4. The Synthesis: What an Internet Stunt Business Looks Like in 2026
The most important insight from this entire analysis is Alex Tew’s arc:
Stunt ($1M, 2005) → Failed copies ($200K, 2006–2010) → Mini-stunt proving insight (DoNothingFor2Minutes, 2M visits, 2011) → Real business informed by stunt knowledge (Calm, $596M revenue, 2024).
The stunt is not the business. The stunt is the education. It teaches you:
- What captures attention (simplicity, audacity, constraint)
- How fast attention decays (48–72 hours)
- That novelty cannot be repeated (Pixelotto’s failure)
- That attention must be converted immediately (Ship Your Enemies Glitter’s 3-week exit)
- That the long game requires a real product (Calm’s $596M vs. MillionDollarHomepage’s $1M)
The modern playbook is therefore:
- Ship a stunt. Something novel, audacious, simple, with a built-in transaction. Use free tools (Vercel, Cloudflare, Stripe). Total cost: $0–$50.
- Monetize during the spike. You have 48–72 hours of peak attention. Charge money from minute one. Don’t wait for polish.
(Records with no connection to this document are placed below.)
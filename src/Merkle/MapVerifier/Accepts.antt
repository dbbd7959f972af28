-- ===== src/Merkle/MapVerifier/Accepts.antt =====
-- VerifyMapInclusionProof of merkle/map_verifier.go: the root that it accepts.
use trillian.Prelude.{
  ℕ, suc, ◌*◌, ◌≡◌, refl, List, [], ◌∷◌, Bytes, ok, err, Option, Bool, true, false, ◌&&◌, ◌||◌, not,
  length, ◌==◌, if◌then◌else◌, arith, bytes_equal,
}
use trillian.Prelude.Int.{ℤ}
use trillian.Storage.NodeId.Paths.{set_bytes}
use trillian.Storage.NodeId.BigEndian.{AreBytes}
use trillian.Merkle.MapHasher.{MapHasher}
use trillian.Merkle.Hstar2.Tree.{node_value}
use trillian.Merkle.MapVerifier.{
  calculated_root, is_empty, check_elements, verify_map_inclusion_proof,
}
use trillian.Merkle.MapVerifier.WayUp.{way_up, HasHash}
use trillian.Merkle.MapVerifier.Correct.{calculated_lem}

-- Each element is empty or a hash.
abbrev pub AreElements : ℕ → List Bytes → Type 0
AreElements size [] = Unit {0}
AreElements size (p ∷ proof) = ((is_empty p || (length p == size)) ≡ true) × AreElements size proof

fits : (a b : Bool) → (a || b) ≡ true → (not a && not b) ≡ false
fits true b h = refl
fits false true h = refl
fits false false h = absurd (cc)

check_elements-AreElements :
    {E : Type 0} (size i : ℕ) (proof : List Bytes)
    → AreElements size proof
    → check_elements {E = E} size i proof ≡ ok tt
unfolding check_elements
check_elements-AreElements size i [] h = refl
check_elements-AreElements size i (p ∷ proof) (first, rest) =
    let right = fits (is_empty p) (length p == size) first in
    rw right (check_elements-AreElements size (suc i) proof rest)

module _ {E : Type 0} (hasher : MapHasher E) (tree_id : ℤ)
    (some_bytes : (l r : Bytes) → is_empty (hasher.hash_children l r) ≡ false) where
  pub verify_lem :
      (k : ℕ) (index leaf expected_root : Bytes) (proof : List Bytes) (current : Option Bytes)
      → hasher.bit_len ≡ k * 8
      → length index ≡ k
      → AreBytes index
      → length proof ≡ k * 8
      → AreElements hasher.size proof
      → HasHash hasher tree_id index leaf current
      → verify_map_inclusion_proof hasher tree_id index leaf expected_root proof ≡ (
          if bytes_equal
            (node_value hasher tree_id 0 0
              (way_up hasher tree_id (set_bytes 0 index) 0 current proof))
            expected_root
          then ok tt
          else err calculated_root)
  unfolding verify_map_inclusion_proof
  verify_lem k index leaf expected_root proof current size count octets long elements hash =
      let index_fits : not (length index * 8 == hasher.bit_len) ≡ false = ground arith in
      let proof_fits : not (length proof == hasher.bit_len) ≡ false = ground arith in
      rw
        (
          index_fits,
          proof_fits,
          check_elements-AreElements {E = E} hasher.size 0 proof elements,
          calculated_lem hasher tree_id some_bytes k index leaf proof current size count octets long
              hash,
        )
        refl
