-- ===== src/RevocationFeed/Rate.antt =====
-- How often src/axiam_sdk/_revocation_feed.py polls.
use native.Mathlib.Nat.{suc-mul}
use axiam_python_sdk.Base.{
  ℕ, ◌+◌, ◌*◌, ◌-◌, ◌≤◌, suc, ◌≡◌, refl, sym, Bool, if_lem, true, false, none, some, List, [], ◌∷◌,
  arith, if◌then◌else◌, leb, leb→le, Bool-cases, inl, inr,
}
use axiam_python_sdk.RevocationFeed.{
  RevocationFeed, Digest, new_feed, refresh, refresh_if_stale, is_revoked, due, min_poll_interval,
}
use axiam_python_sdk.RevocationFeed.Sticky.{Ask}

-- The questions come in order, and none ends after time t.
abbrev pub Until : ℕ → ℕ → List Ask → Type 0
Until start t [] = start ≤ t
Until start t (a ∷ asks) = (start ≤ a.now) × (a.now ≤ a.done) × Until a.done t asks

module _ (digest : Digest) where
  -- How many requests some questions make.
  abbrev pub polls : List Ask → RevocationFeed → ℕ
  polls [] f = 0
  polls (a ∷ asks) f =
      let rest = polls asks (is_revoked digest a.now a.done a.response a.sid f).0 in
      if (refresh_if_stale a.now a.done a.response f).1 then suc rest else rest

  requests_when_due :
      (a : Ask) (f : RevocationFeed) → (refresh_if_stale a.now a.done a.response f).1 ≡ due a.now f
  unfolding refresh_if_stale
  requests_when_due a f =
      if_lem (λ (asked : RevocationFeed × Bool). asked.1 ≡ due a.now f) (due a.now f) (λ h. sym h)
        (λ h. sym h)

  not_due :
      (a : Ask) (f : RevocationFeed)
      → due a.now f ≡ false
      → (is_revoked digest a.now a.done a.response a.sid f).0 ≡ f
  unfolding is_revoked refresh_if_stale
  not_due a f h = ground arith

  is_due :
      (a : Ask) (f : RevocationFeed)
      → due a.now f ≡ true
      → (is_revoked digest a.now a.done a.response a.sid f).0 ≡ refresh a.done a.response f
  unfolding is_revoked refresh_if_stale
  is_due a f h = ground arith

  due_since :
      (now last : ℕ) (f : RevocationFeed)
      → f.last_attempt ≡ some last
      → due now f ≡ true
      → last ≤ now
      → last + f.poll_interval ≤ now
  unfolding due
  due_since now last f e h le = ground (arith, leb→le f.poll_interval (now - last))

  suc_times : (n i : ℕ) → suc n * i ≡ i + n * i
  suc_times n i = omega (arith, suc-mul n i)

  polls_since :
      (t start last : ℕ) (asks : List Ask) (f : RevocationFeed)
      → f.last_attempt ≡ some last
      → last ≤ start
      → Until start t asks
      → last + polls asks f * f.poll_interval ≤ t
  unfolding refresh
  polls_since t start last [] f e le o = omega (arith, o)
  polls_since t start last (a ∷ asks) f e le (h, h', o) = elim (Bool-cases (due a.now f)) [
    | inl now_due ↦
        rw (requests_when_due a f, now_due, is_due a f now_due)
          (omega (
            arith,
            due_since a.now last f e now_due (omega arith),
            suc_times (polls asks (refresh a.done a.response f)) f.poll_interval,
            polls_since t a.done a.done asks (refresh a.done a.response f) refl (omega arith) o,
          ))
    | inr later ↦
        rw (requests_when_due a f, later, not_due a f later)
          (polls_since t a.done last asks f e (omega arith) o)
  ]

  due_first : (now : ℕ) (f : RevocationFeed) → f.last_attempt ≡ none → due now f ≡ true
  unfolding due
  due_first now f e = ground arith

  polls_new :
      (t : ℕ) (asks : List Ask) (f : RevocationFeed)
      → f.last_attempt ≡ none
      → Until 0 t asks
      → polls asks f * f.poll_interval ≤ t + f.poll_interval
  unfolding refresh
  polls_new t [] f e o = omega arith
  polls_new t (a ∷ asks) f e (h, h', o) =
      let now_due = due_first a.now f e in
      rw (requests_when_due a f, now_due, is_due a f now_due)
        (omega (
          arith,
          suc_times (polls asks (refresh a.done a.response f)) f.poll_interval,
          polls_since t a.done a.done asks (refresh a.done a.response f) refl (omega arith) o,
        ))

  -- A feed that is asked any number of times, in order and until time t, makes at most one request
  -- and one more per interval, which is the configured one or 15 seconds where that is longer,
  -- whether the requests succeed or not.
  pub polls_bound :
      (interval t : ℕ) (asks : List Ask)
      → Until 0 t asks
      → polls asks (new_feed interval)
          * (if leb min_poll_interval interval then interval else min_poll_interval)
        ≤ t + (if leb min_poll_interval interval then interval else min_poll_interval)
  unfolding new_feed
  polls_bound interval t asks o = polls_new t asks (new_feed interval) refl o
- Exit or pivot within 30 days. If the stunt worked, either sell the asset (like Carpenter) or pivot to a real product informed by what you learned (like Tew).
- If going long, build a stunt factory. Don’t try to repeat one stunt. Ship many things. Let the portfolio absorb the failure rate. (Levels, Lou)
- The real money is in the second act. Tew’s Million Dollar Homepage made $1M. Calm makes $596M/year. The stunt is the prologue.